Girl Scouts Gone Wild

The Girl Scouts are supposed to be about selling cookies and tying knots; what are they doing with the likes of Planned Parenthood?

I’ve seen more than a few boxes of Do-Si-Dos and Samoas around lately. It’s hard to look askance at the Girl Scouts when there’s so much sweetness in the air, but there is reason for keeping the Girl Scouts out of the “mom and apple pie” pantheon. For one thing, the organization has a think tank, a nongovernmental organization, and a welcome mat out to Planned Parenthood.

At a meeting of the United Nations Commission on the Status of Women this month, the World Association of Girl Scouts and Girl Guides held a session for young people in which the International Planned Parenthood Federation reportedly distributed a brochure about living with HIV titled Healthy, Happy and Hot.” (Gratitude to U.N. watchdogs like C-FAM for keeping an eye out for such nefarious nonsense.)

The brochure sets itself up as a feel-good guide for dangerous behavior: “Young people living with HIV may feel that sex is just not an option, but don’t worry — many young people living with HIV live healthy, fun, happy and sexually fulfilling lives. You can, too, if you want to! Things get easier (and sex can get even better) as you become more comfortable with your status.”

And, as is always the case when extensive sexual advice is offered, advice on “safe abortion” follows.

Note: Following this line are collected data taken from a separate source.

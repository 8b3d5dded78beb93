-- ===== src/Cache/Fill.antt =====
-- `PutIfAbsent` and `MarkPersisted` of server/cache/s3fifo_cache.cc on the shard of their key, each as
-- the steps that it takes under one lock. Their calls of `noteSeqno` are left out: they change the
-- seqno index, which nothing here reads.
use fluxkv.Base.{
  ℕ, ◌+◌, ◌-◌, ◌%◌, ◌^◌, Bool, false, not, ◌&&◌, List, Option, none, some, if◌then◌else◌, ltb, ◌==◌,
}
use fluxkv.Cache.Entry.{Entry, small_queue, map_key, vb_key}
use fluxkv.Cache.Shard.{Shard, bytes, find, insert, evict, hash_of, contains, ghost_add}
use fluxkv.Cache.Ops.{ReadStats, update}

-- What a write that was applied with a sequence number does to its entry.
abbrev pub applied : ℕ → Entry → Entry
applied seqno e = record e {
  seqno = if seqno == 0 then e.seqno else seqno;
  pending = (e.pending + 2 ^ 32 - 1) % 2 ^ 32;
}

module _ (hash_key : ℕ → List ℕ → ℕ) where
  -- The last locked part of `PutIfAbsent`, which looks for the key again.
  unfoldable pub fill_insert : ReadStats → Shard → Entry → ReadStats × Shard
  fill_insert st s e = elim (find s (hash_of hash_key e) (map_key e)) [
    | none ↦
        (let inserted = insert s e (hash_of hash_key e) in
          (st, evict hash_key (record inserted { fills = inserted.fills + 1 })))
    | some present ↦ (record st { fills_rejected = st.fills_rejected + 1 }, s)
  ]

  -- The doorkeeper's part: `some` is the shard after an early return.
  unfoldable pub fill_defer : Bool → Shard → ℕ → Option Shard
  fill_defer doorkeeper s h =
      if doorkeeper && not (contains h s.ghost_set)
      then some (
          let remembered = ghost_add s h in
          record remembered { fills_deferred = remembered.fills_deferred + 1 })
      else none

  -- `PutIfAbsent`, with no other thread between its parts.
  unfoldable pub put_if_absent :
      Bool → ReadStats → Shard → ℕ → List ℕ → List ℕ → ℕ → ℕ → ℕ → ℕ → ReadStats × Shard
  unfolding fill_insert fill_defer
  put_if_absent doorkeeper st s vbid key value seqno flags expiry datatype =
      elim (find s (hash_key vbid key) (vb_key vbid key)) [
        | some present ↦ (record st { fills_rejected = st.fills_rejected + 1 }, s)
        | none ↦ elim (fill_defer doorkeeper s (hash_key vbid key)) [
          | some deferred ↦ (st, deferred)
          | none ↦ fill_insert st s (record {
            seqno = seqno;
            flags = flags;
            expiry = expiry;
            pending = 0;
            vbid = vbid;
            datatype = datatype;
            deleted = false;
            freq = 0;
            queue = small_queue;
            shared_cap = none;
            key = key;
            value = value;
          })
        ]
      ]

  -- The part of `MarkPersisted` under the shared lock, and whether the shard is to be trimmed.
  unfoldable pub mark_applied : Shard → ℕ → List ℕ → ℕ → Shard × Bool
  mark_applied s vbid key seqno = elim (find s (hash_key vbid key) (vb_key vbid key)) [
    | none ↦ (s, false)
    | some e ↦
        (let s' = update s e (applied seqno) in
          if e.pending == 1
          then (record s' { pending_items = s'.pending_items - 1 }, ltb s'.budget (bytes s'))
          else (s', false))
  ]

  -- `MarkPersisted`
  unfoldable pub mark_persisted : Shard → ℕ → List ℕ → ℕ → Shard
  unfolding mark_applied
  mark_persisted s vbid key seqno =
      let (s', over_budget) = mark_applied s vbid key seqno in
      if over_budget then evict hash_key s' else s'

This presentation served as a backdrop for a joint statement from the several U.N. organizations making up the U.N. Adolescent Girls Task Force. The task force declares its support for programs “that empower . . . adolescent girls, particularly those aged 10 to 14 years.” No innocence preserved.

At this point, the United Nations could hardly surprise me much, but the Girl Scouts continue to greatly disappoint. About a decade ago, I wrote a piece for National Review called “The Cookie Crumbles” about things that might surprise moms and dads helping their daughters work on Brownie badges. While the Boy Scouts have been under attack by politically correct watchdogs, the Girl Scouts have escaped censure by embracing leftist politics, reproductive permissiveness, and secularism. Their path to doing sex-prep work for the U.N. has been a long slide.

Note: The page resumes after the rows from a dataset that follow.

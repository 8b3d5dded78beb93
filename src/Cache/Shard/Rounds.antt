-- ===== src/Cache/Shard/Rounds.antt =====
-- What one round of the eviction loop does to the two queues.
use fluxkv.Base.{ℕ, ◌-◌, ◌<◌, ◌≡◌, ◌⊎◌, true, false, List, ◌∷◌, arith}
use fluxkv.Cache.Entry.{Entry, main_queue, charge, map_key, pinned}
use fluxkv.Cache.Fifo.{Fifo, push_head}
use fluxkv.Cache.Shard.{
  Shard, ghost_add, free, leave_small, leave_main, evict_small, evict_main, hash_of, index_erase,
}

abbrev pub popped : Fifo → Entry → List Entry → Fifo
popped q e rest = record { items = rest; bytes = q.bytes - charge e; count = q.count - 1 }

-- The parts of a shard that eviction leaves alone.
pub record SameLimits (s s' : Shard) : Type 0 where
  pub budget : s'.budget ≡ s.budget
  pub small_budget : s'.small_budget ≡ s.small_budget

-- The oldest entry `e` of small has left it: for main, or for good.
pub record SmallRound (h : ℕ) (s s' : Shard) (e : Entry) (rest : List Entry) : Type 0 where
  pub limits : SameLimits s s'
  pub small : s'.small ≡ popped s.small e rest
  pub main :
      ((s'.main ≡ push_head s.main (record e { freq = 0; queue = main_queue }))
        × (s'.index ≡ s.index))
      ⊎ ((s'.main ≡ s.main) × (pinned e ≡ false) × (s'.index ≡ index_erase h (map_key e) s.index))

-- The oldest entry `e` of main has gone round, one hit poorer, or for good.
pub record MainRound (h : ℕ) (s s' : Shard) (e : Entry) (rest : List Entry) : Type 0 where
  pub limits : SameLimits s s'
  pub small : s'.small ≡ s.small
  pub main :
      ((s'.main ≡ push_head (popped s.main e rest) (record e { freq = e.freq - 1 }))
        × ((pinned e ≡ true) ⊎ (0 < e.freq))
        × (s'.index ≡ s.index))
      ⊎ ((s'.main ≡ popped s.main e rest)
          × (pinned e ≡ false)
          × (s'.index ≡ index_erase h (map_key e) s.index))

pub ghost_add_frame :
    (s : Shard) (h : ℕ)
    → ((ghost_add s h).small ≡ s.small)
      × ((ghost_add s h).main ≡ s.main)
      × ((ghost_add s h).index ≡ s.index)
      × ((ghost_add s h).budget ≡ s.budget)
      × ((ghost_add s h).small_budget ≡ s.small_budget)
unfolding ghost_add
ghost_add_frame s h = ground arith

module _ (hash_key : ℕ → List ℕ → ℕ) where
  pub evict_small-SmallRound :
      (s : Shard) (e : Entry) (rest : List Entry)
      → s.small.items ≡ e ∷ rest
      → SmallRound (hash_of hash_key e) s (evict_small hash_key s) e rest
  unfolding evict_small leave_small free
  evict_small-SmallRound s e rest h =
      let t = record s { small = popped s.small e rest } in
      ground (arith, ghost_add_frame t (hash_of hash_key e))

  pub evict_main-MainRound :
      (s : Shard) (e : Entry) (rest : List Entry)
      → s.main.items ≡ e ∷ rest
      → MainRound (hash_of hash_key e) s (evict_main hash_key s) e rest
  unfolding evict_main leave_main free
  evict_main-MainRound s e rest h = ground arith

The Girl Scouts aren’t shy about the causes they embrace. A 2008 post-election survey of girls and boys between 13 and 17 initiated by the Girl Scouts’ think tank, the Girl Scout Research Institute, found overwhelming support for President-elect Barack Obama and noted concern for a laundry list of international and domestic issues, including the war in Iraq, the economy, and “the difficulties women face in reaching leadership positions in our country.”

I don’t mind an arm of the Girl Scouts gathering information. But I do mind a group we associate with Tagalongs, tying knots, and basic life skills — in other words, with protecting the innocence of children in an otherwise hyper-sexualized and politically fraught culture — doing exactly the opposite. I mind leftist activists at their national conventions. I mind faux empowerment laced with the persistent whine of victimization.

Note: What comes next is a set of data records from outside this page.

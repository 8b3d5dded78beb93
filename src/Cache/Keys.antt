-- ===== src/Cache/Keys.antt =====
-- The entries of a queue and the slots of the index that have a given map key.
use fluxkv.Base.{ℕ, ◌≡◌, refl, true, false, List, [], ◌∷◌, ◌++◌, none, some, arith, if◌then◌else◌}
use fluxkv.Cache.Entry.{Entry, map_key, bytes_eq, eq_of_bytes_eq}
use fluxkv.Cache.Fifo.{find_key, remove_key}
use fluxkv.Cache.Shard.{index_has, index_erase}

unfoldable pub matching : List ℕ → List Entry → List Entry
matching mk [] = []
matching mk (e ∷ es) = if bytes_eq (map_key e) mk then e ∷ matching mk es else matching mk es

unfoldable pub slots_of : List ℕ → List (ℕ × List ℕ) → List (ℕ × List ℕ)
slots_of mk [] = []
slots_of mk ((h, k) ∷ ix) = if bytes_eq k mk then (h, k) ∷ slots_of mk ix else slots_of mk ix

pub matching_hit :
    (mk : List ℕ) (e : Entry) (es : List Entry)
    → bytes_eq (map_key e) mk ≡ true
    → matching mk (e ∷ es) ≡ e ∷ matching mk es
unfolding matching
matching_hit mk e es h = rw h

pub matching_miss :
    (mk : List ℕ) (e : Entry) (es : List Entry)
    → bytes_eq (map_key e) mk ≡ false
    → matching mk (e ∷ es) ≡ matching mk es
unfolding matching
matching_miss mk e es h = rw h

pub matching-nil : (mk : List ℕ) → matching mk [] ≡ []
unfolding matching
matching-nil mk = refl

pub matching-append :
    (mk : List ℕ) (xs ys : List Entry) → matching mk (xs ++ ys) ≡ matching mk xs ++ matching mk ys
unfolding matching
matching-append mk [] ys = refl
matching-append mk (x ∷ xs) ys = ground (arith, matching-append mk xs ys)

pub find_key-matching :
    (mk : List ℕ) (xs : List Entry) (e : Entry) (r : List Entry)
    → matching mk xs ≡ e ∷ r
    → find_key mk xs ≡ some e
unfolding matching find_key
find_key-matching mk [] e r h = cc
find_key-matching mk (x ∷ xs) e r h = ground (arith, find_key-matching mk xs e r)

pub find_key-none : (mk : List ℕ) (xs : List Entry) → matching mk xs ≡ [] → find_key mk xs ≡ none
unfolding matching find_key
find_key-none mk [] h = refl
find_key-none mk (x ∷ xs) h = ground (arith, find_key-none mk xs)

-- Two keys that differ are not both equal to a third.
pub other_key :
    (a k mk : List ℕ) → bytes_eq a k ≡ true → bytes_eq k mk ≡ false → bytes_eq a mk ≡ false
other_key a k mk h o = rw (eq_of_bytes_eq a k h) o

pub matching-remove_key_ne :
    (mk k : List ℕ) (xs : List Entry)
    → bytes_eq k mk ≡ false
    → matching mk (remove_key k xs) ≡ matching mk xs
unfolding matching remove_key
matching-remove_key_ne mk k [] o = refl
matching-remove_key_ne mk k (x ∷ xs) o =
    ground (arith, other_key (map_key x) k mk, matching-remove_key_ne mk k xs o)

pub matching-remove_key_self :
    (mk : List ℕ) (xs : List Entry) (e : Entry) (r : List Entry)
    → matching mk xs ≡ e ∷ r
    → matching mk (remove_key mk xs) ≡ r
unfolding matching remove_key
matching-remove_key_self mk [] e r h = cc
matching-remove_key_self mk (x ∷ xs) e r h = ground (arith, matching-remove_key_self mk xs e r)

pub index_has-slots_of :
    (mk : List ℕ) (ix : List (ℕ × List ℕ)) (h : ℕ) (k : List ℕ) (r : List (ℕ × List ℕ))
    → slots_of mk ix ≡ (h, k) ∷ r
    → index_has h mk ix ≡ true
unfolding slots_of index_has
index_has-slots_of mk [] h k r e = cc
index_has-slots_of mk ((h', k') ∷ ix) h k r e = ground (arith, index_has-slots_of mk ix h k r)

pub index_has_none :
    (mk : List ℕ) (ix : List (ℕ × List ℕ)) (h : ℕ) → slots_of mk ix ≡ [] → index_has h mk ix ≡ false
unfolding slots_of index_has
index_has_none mk [] h e = refl
index_has_none mk ((h', k') ∷ ix) h e = ground (arith, index_has_none mk ix h)

pub slots_of-index_erase_ne :
    (mk k : List ℕ) (h : ℕ) (ix : List (ℕ × List ℕ))
    → bytes_eq k mk ≡ false
    → slots_of mk (index_erase h k ix) ≡ slots_of mk ix
unfolding slots_of index_erase
slots_of-index_erase_ne mk k h [] o = refl
slots_of-index_erase_ne mk k h ((h', k') ∷ ix) o =
    ground (arith, other_key k' k mk, slots_of-index_erase_ne mk k h ix o)

pub slots_of-index_erase_self :
    (mk k : List ℕ) (h : ℕ) (ix : List (ℕ × List ℕ)) (r : List (ℕ × List ℕ))
    → slots_of mk ix ≡ (h, k) ∷ r
    → slots_of mk (index_erase h mk ix) ≡ r
unfolding slots_of index_erase
slots_of-index_erase_self mk k h [] r e = cc
slots_of-index_erase_self mk k h ((h', k') ∷ ix) r e =
    ground (arith, slots_of-index_erase_self mk k h ix r)

pub slots_of-cons_self :
    (mk k : List ℕ) (h : ℕ) (ix : List (ℕ × List ℕ))
    → bytes_eq k mk ≡ true
    → slots_of mk ((h, k) ∷ ix) ≡ (h, k) ∷ slots_of mk ix
unfolding slots_of
slots_of-cons_self mk k h ix e = rw e

pub slots_of-cons_ne :
    (mk k : List ℕ) (h : ℕ) (ix : List (ℕ × List ℕ))
    → bytes_eq k mk ≡ false
    → slots_of mk ((h, k) ∷ ix) ≡ slots_of mk ix
unfolding slots_of
slots_of-cons_ne mk k h ix e = rw e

Your local Girl Scout troop may be run by traditional God-fearing women who want nothing to do with radical Planned Parenthood seminars, but you should know what’s going on at the top. And if you are looking for alternatives, they’re out there. In recent years I’ve encountered the American Heritage Girls, established by a Cincinnati-based former Girl Scout troop leader, which seeks to “build women of integrity through service to God, family, community and country.” And in a country known for entrepreneurship, I have no doubt that a few sensible moms could start their own skill-building groups far away from the likes of the United Nations and Planned Parenthood, groups that would to allow girls to just be girls.